Rolex e National Geographic inoltre sono legati da tempo agli esploratori oceanici Sylvia Earle, Don Walsh e James Cameron (questi ultimi hanno entrambi esplorato la fossa delle Marianne, nell’oceano Pacifico, il punto più profondo dell’oceano) e al fotografo subacqueo Brian Skerry.

Ora, attraverso il sostegno di Rolex alle Perpetual Planet Extreme Expeditions, condividiamo la nostra esperienza, le nostre risorse e i nostri ideali in quella che potrebbe rivelarsi la nostra missione più cruciale di sempre – un’impresa di cinque anni per documentare i cambiamenti che stanno avvenendo nelle regioni più estreme, più remote e meno conosciute della Terra.

Perpetual Planet Extreme Expeditions

Attraverso le Perpetual Planet Extreme Expeditions vogliamo focalizzarci su tre tipologie chiave di ambienti naturali – l’alta montagna, la foresta pluviale e le aree meno studiate degli oceani. L’obiettivo è posizionare apparecchiature all’avanguardia in alcune delle zone più inaccessibili e meno osservate al mondo per monitorare come le attività umane praticate altrove le stanno modificando – e che ripercussioni può avere tutto questo per noi.

Altrettanto fondamentale nella nostra visione condivisa è lo sviluppo di soluzioni per combattere i cambiamenti negativi che identificheremo. Collaboreremo per raccogliere le proposte degli scienziati e degli esperti più avventurosi del mondo in queste regioni isolate.

Montagne,
le “torri d’acqua” del mondo

Foreste pluviali,
i polmoni del pianeta

Oceani,
il termostato della Terra

Registrare il cambiamento in alta quota

Una sfida chiave per il futuro dell’umanità, ad esempio, è capire quali cambiamenti stanno avvenendo nelle “torri d’acqua” delle montagne, le aree in cui l’acqua si raccoglie prima di scendere gradualmente a valle verso le comunità locali. I ghiacciai sono il serbatoio di questo sistema che caratterizza le montagne, in particolare nell’Hindu-Kush Himalaya, dove forniscono risorse idriche a più di un miliardo di persone. La Extreme Expedition: la spedizione sull’Everest, iniziata nell’aprile 2019, si concentrerà sullo studio dell’impatto del cambiamento climatico sui ghiacciai dell’Himalaya e delle sue possibili ripercussioni sulle popolazioni locali.

Un pianeta in equilibrio

A proposito di questo progetto, Tracy R. Wolstencroft, presidente e amministratore delegato della National Geographic Society, afferma: “Insieme ai nostri partner di Rolex sfrutteremo il potere della scienza, dell’esplorazione e della narrazione per ottenere informazioni cruciali sul cambiamento che sta vivendo il pianeta, migliorarne la nostra comprensione e trovare nuove soluzioni per riportarlo all’equilibrio. È un progetto di fondamentale importanza – e una delle più grandi responsabilità del nostro tempo”.

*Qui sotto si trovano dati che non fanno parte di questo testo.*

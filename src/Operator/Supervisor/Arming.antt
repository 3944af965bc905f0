-- ===== src/Operator/Supervisor/Arming.antt =====
-- What `Supervisor.arm` sends and how it ends.
use kaivuriprokkis.Prelude.{
  if_split, ℕ, ◌∙◌, sym, ap, ◌≡◌, refl, Bool, true, false, Option, none, some, List, [], ◌∷◌, ◌++◌,
  ◌⊎◌, inl, inr, arith, ◌+◌, ◌&&◌,
}
use mathlib.Core.Path.{subst}
use mathlib.Core.List.{append_assoc}
use kaivuriprokkis.Prelude.Int.{pos}
use kaivuriprokkis.Float.{Float}
use kaivuriprokkis.Operator.Supervisor.{Message, drive, disarm, status, Supervisor, send, is_packed}
use kaivuriprokkis.Operator.Supervisor.Arm.{
  DriveState, disarmed, armed, fault, another, Attempt, Ending, returned, not_disarmed, faulted,
  timed_out, failed, waiting, ask, arming, answered, attempts, begun, arm,
}

module _ {F : Type 0} ⦃fl : Float F⦄ where
  -- Requests for the status and the centred sticks that arm, no motion and no DISARM.
  abbrev pub AreArming : Bool → List (ℕ × Message F) → Type 0
  AreArming pump [] = Unit
  AreArming pump ((n, status) ∷ ms) = AreArming pump ms
  AreArming pump ((n, disarm) ∷ ms) = ⊥
  AreArming pump ((n, drive rows fs fps t0 obs) ∷ ms) =
      (drive rows fs fps t0 obs ≡ arming pump) × AreArming pump ms

  -- Only the number of packets and what was sent change, and such packets are what is added.
  abbrev pub IsArmingOnly : Bool → Supervisor F → Supervisor F → Type 0
  IsArmingOnly pump s s' =
      (s' ≡ record s { sequence = s'.sequence; out = s'.out })
      × ((sent : List (ℕ × Message F)) × (AreArming pump sent × (s'.out ≡ sent ++ s.out)))

  AreArming-append :
      (pump : Bool) (ms ns : List (ℕ × Message F))
      → AreArming pump ms
      → AreArming pump ns
      → AreArming pump (ms ++ ns)
  AreArming-append pump [] ns h k = k
  AreArming-append pump ((n, status) ∷ ms) ns h k = AreArming-append pump ms ns h k
  AreArming-append pump ((n, disarm) ∷ ms) ns h k = elim h [ ]
  AreArming-append pump ((n, drive rows fs fps t0 obs) ∷ ms) ns h k =
      (h.0, AreArming-append pump ms ns h.1 k)

  IsArmingOnly-refl : (pump : Bool) (s : Supervisor F) → IsArmingOnly pump s s
  IsArmingOnly-refl pump s = (refl, ([], (tt, refl)))

  IsArmingOnly-trans :
      (pump : Bool) (s t u : Supervisor F)
      → IsArmingOnly pump s t
      → IsArmingOnly pump t u
      → IsArmingOnly pump s u
  IsArmingOnly-trans pump s t u (e, (ms, (h, f))) (e', (ns, (h', f'))) = (
    e'
        ∙ ap {A = Supervisor F} {B = Supervisor F}
            (λ x. record x { sequence = u.sequence; out = u.out }) e,
    (
      ns ++ ms,
      (
        AreArming-append pump ns ms h' h,
        f' ∙ (ap (λ l. ns ++ l) f ∙ sym (append_assoc ns ms s.out)),
      ),
    ),
  )

  send-IsArmingOnly :
      (pump link : Bool) (m : Message F) (s : Supervisor F)
      → AreArming pump ((s.sequence + 1, m) ∷ [])
      → IsArmingOnly pump s (send link m s).0
  unfolding send
  send-IsArmingOnly pump link m s h =
      if_split (λ (r : Supervisor F × Bool). IsArmingOnly pump s r.0)
        (is_packed m && (link && s.connected)) _ _
        (λ y. (refl, ((s.sequence + 1, m) ∷ [], (h, refl)))) (λ n. (refl, ([], (tt, refl))))

  ask-IsArmingOnly :
      (pump link : Bool) (reply : Option DriveState) (s : Supervisor F)
      → IsArmingOnly pump s (ask link reply s).0
  unfolding ask
  ask-IsArmingOnly pump link reply s =
      if_split (λ (r : Supervisor F × Option DriveState). IsArmingOnly pump s r.0)
        (send link status s).1 _ _ (λ y. send-IsArmingOnly pump link status s tt)
        (λ n. send-IsArmingOnly pump link status s tt)

  -- A pass before the deadline gives the answer x.
  abbrev pub Answers : F → DriveState → List (Attempt F) → Type 0
  Answers deadline x [] = ⊥
  Answers deadline x (a ∷ more) =
      (fl.lt a.clock deadline ≡ true) × ((a.reply ≡ some x) ⊎ Answers deadline x more)

  -- A pass whose clock is not before the deadline.
  abbrev pub HasLapsed : F → List (Attempt F) → Type 0
  HasLapsed deadline [] = ⊥
  HasLapsed deadline (a ∷ more) = (fl.lt a.clock deadline ≡ false) ⊎ HasLapsed deadline more

  abbrev pub IsEnding : F → List (Attempt F) → Ending → Type 0
  IsEnding deadline tries returned = Answers deadline armed tries
  IsEnding deadline tries faulted = Answers deadline fault tries
  IsEnding deadline tries timed_out = HasLapsed deadline tries
  IsEnding deadline tries failed = Unit
  IsEnding deadline tries not_disarmed = ⊥
  IsEnding deadline tries waiting = ⊥

  IsEnding-later :
      (deadline : F) (a : Attempt F) (more : List (Attempt F)) (e : Ending)
      → fl.lt a.clock deadline ≡ true
      → IsEnding deadline more e
      → IsEnding deadline (a ∷ more) e
  IsEnding-later deadline a more returned y h = (y, inr h)
  IsEnding-later deadline a more faulted y h = (y, inr h)
  IsEnding-later deadline a more timed_out y h = inr h
  IsEnding-later deadline a more failed y h = tt
  IsEnding-later deadline a more not_disarmed y h = h
  IsEnding-later deadline a more waiting y h = h

  ask-reply :
      (link : Bool) (reply : Option DriveState) (s : Supervisor F)
      → ((ask link reply s).1 ≡ none) ⊎ (reply ≡ (ask link reply s).1)
  unfolding ask
  ask-reply link reply s =
      if_split (λ (r : Supervisor F × Option DriveState). (r.1 ≡ none) ⊎ (reply ≡ r.1))
        (send link status s).1 _ _ (λ y. inr refl) (λ n. inl refl)

  answered-IsArming :
      (pump : Bool) (deadline : F) (a : Attempt F) (more : List (Attempt F)) (s s' : Supervisor F)
      (reply : Option DriveState) (rest : Supervisor F × Ending)
      → fl.lt a.clock deadline ≡ true
      → (reply ≡ none) ⊎ (a.reply ≡ reply)
      → IsArmingOnly pump s s'
      → IsArmingOnly pump s rest.0 × IsEnding deadline (a ∷ more) rest.1
      → IsArmingOnly pump s (answered reply rest s').0
        × IsEnding deadline (a ∷ more) (answered reply rest s').1
  answered-IsArming pump deadline a more s s' none rest y o k h = (k, tt)
  answered-IsArming pump deadline a more s s' (some armed) rest y (inl e) k h = ground arith
  answered-IsArming pump deadline a more s s' (some armed) rest y (inr e) k h = (k, (y, inl e))
  answered-IsArming pump deadline a more s s' (some fault) rest y (inl e) k h = ground arith
  answered-IsArming pump deadline a more s s' (some fault) rest y (inr e) k h = (k, (y, inl e))
  answered-IsArming pump deadline a more s s' (some disarmed) rest y o k h = h
  answered-IsArming pump deadline a more s s' (some another) rest y o k h = h

  HasLapsed-later :
      (deadline : F) (a : Attempt F) (more : List (Attempt F))
      → HasLapsed deadline (a ∷ more)
      → fl.lt a.clock deadline ≡ true
      → HasLapsed deadline more
  HasLapsed-later deadline a more (inl n) y = ground arith
  HasLapsed-later deadline a more (inr h) y = h

  attempts-IsArming :
      (pump : Bool) (deadline : F) (tries : List (Attempt F)) (s : Supervisor F)
      → HasLapsed deadline tries
      → IsArmingOnly pump s (attempts pump deadline tries s).0
        × IsEnding deadline tries (attempts pump deadline tries s).1
  unfolding attempts
  attempts-IsArming pump deadline [] s h = elim h [ ]
  attempts-IsArming pump deadline (a ∷ more) s h =
      let s1 = (send a.link (arming pump) s).0 in
      let s2 = (ask a.status_link a.reply s1).0 in
      let sent = send-IsArmingOnly pump a.link (arming pump) s (refl, tt) in
      let asked =
        IsArmingOnly-trans pump s s1 s2 sent (ask-IsArmingOnly pump a.status_link a.reply s1) in
      let P =
        λ (r : Supervisor F × Ending). IsArmingOnly pump s r.0 × IsEnding deadline (a ∷ more) r.1 in
      if_split P (fl.lt a.clock deadline) _ _
        (λ y.
          let rest =
            attempts-IsArming pump deadline more s2 (HasLapsed-later deadline a more h y) in
          if_split P (send a.link (arming pump) s).1 _ _
            (λ ok.
              answered-IsArming pump deadline a more s s2 (ask a.status_link a.reply s1).1
                (attempts pump deadline more s2) y (ask-reply a.status_link a.reply s1) asked
                (
                  IsArmingOnly-trans pump s s2 (attempts pump deadline more s2).0 asked rest.0,
                  IsEnding-later deadline a more (attempts pump deadline more s2).1 y rest.1,
                ))
            (λ no. (sent, tt)))
        (λ n. (IsArmingOnly-refl pump s, inl n))

  -- What the ending of `arm` says of the first answer and of the passes
  abbrev pub IsArmed : Option DriveState → F → List (Attempt F) → Ending → Type 0
  IsArmed (some disarmed) deadline tries e = IsEnding deadline tries e
  IsArmed (some armed) deadline tries e = (e ≡ not_disarmed) ⊎ (e ≡ failed)
  IsArmed (some fault) deadline tries e = (e ≡ not_disarmed) ⊎ (e ≡ failed)
  IsArmed (some another) deadline tries e = (e ≡ not_disarmed) ⊎ (e ≡ failed)
  IsArmed none deadline tries e = e ≡ failed

  IsArmed-failed :
      (reply : Option DriveState) (deadline : F) (tries : List (Attempt F))
      → IsArmed reply deadline tries failed
  IsArmed-failed none deadline tries = refl
  IsArmed-failed (some disarmed) deadline tries = tt
  IsArmed-failed (some armed) deadline tries = inr refl
  IsArmed-failed (some fault) deadline tries = inr refl
  IsArmed-failed (some another) deadline tries = inr refl

  -- By the answer that reached `begun`, where one did
  begun-some :
      (pump : Bool) (x : DriveState) (deadline : F) (tries : List (Attempt F))
      (after : Supervisor F × Ending) (s s' : Supervisor F)
      → IsArmingOnly pump s s'
      → IsArmingOnly pump s after.0 × IsEnding deadline tries after.1
      → IsArmingOnly pump s (begun (some x) after s').0
        × IsArmed (some x) deadline tries (begun (some x) after s').1
  begun-some pump disarmed deadline tries after s s' k h = h
  begun-some pump armed deadline tries after s s' k h = (k, inl refl)
  begun-some pump fault deadline tries after s s' k h = (k, inl refl)
  begun-some pump another deadline tries after s s' k h = (k, inl refl)

  begun-IsArming :
      (pump : Bool) (reply first : Option DriveState) (deadline : F) (tries : List (Attempt F))
      (after : Supervisor F × Ending) (s s' : Supervisor F)
      → (first ≡ none) ⊎ (reply ≡ first)
      → IsArmingOnly pump s s'
      → IsArmingOnly pump s after.0 × IsEnding deadline tries after.1
      → IsArmingOnly pump s (begun first after s').0
        × IsArmed reply deadline tries (begun first after s').1
  begun-IsArming pump reply none deadline tries after s s' o k h =
      (k, IsArmed-failed reply deadline tries)
  begun-IsArming pump reply (some x) deadline tries after s s' (inl e) k h = ground arith
  begun-IsArming pump reply (some x) deadline tries after s s' (inr e) k h =
      let held = begun-some pump x deadline tries after s s' k h in
      (held.0, subst (λ r. IsArmed r deadline tries (begun (some x) after s').1) (sym e) held.1)

  -- `arm`, where some pass of its loop comes two seconds after its start or later, ends: it changes
  -- nothing but what was sent and the sequence number, and adds requests for the status and centred
  -- sticks with the arming flags only. It returns only where the first answer was that the
  -- controller is disarmed and the answer of a pass in time that it is armed; it reports a fault
  -- only where a pass in time answered so; a first answer of another state is refused, or an
  -- exception comes first; and without a first answer it raises.
  pub arm-IsArming :
      (link : Bool) (reply : Option DriveState) (clock : F) (tries : List (Attempt F))
      (s : Supervisor F)
      → HasLapsed (fl.add clock (fl.lit (pos 2) 0)) tries
      → IsArmingOnly s.pump s (arm link reply clock tries s).0
        × IsArmed reply (fl.add clock (fl.lit (pos 2) 0)) tries (arm link reply clock tries s).1
  unfolding arm
  arm-IsArming link reply clock tries s h =
      let deadline = fl.add clock (fl.lit (pos 2) 0) in
      let s' = (ask link reply s).0 in
      let asked = ask-IsArmingOnly s.pump link reply s in
      let rest = attempts-IsArming s.pump deadline tries s' h in
      let after = attempts s.pump deadline tries s' in
      begun-IsArming s.pump reply (ask link reply s).1 deadline tries after s s'
        (ask-reply link reply s) asked (IsArmingOnly-trans s.pump s s' after.0 asked rest.0, rest.1)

Da tempo Rolex e National Geographic traggono ispirazione dalle regioni più remote del pianeta, dalle meraviglie che custodiscono e dal coraggio, l’abilità e la tenacia che occorrono per raggiungerle. L’iniziativa Perpetual Planet racchiude tutto questo, con l’obiettivo di mettere le informazioni che verranno raccolte da scienziati ed esploratori al servizio dell’umanità, e della Terra stessa.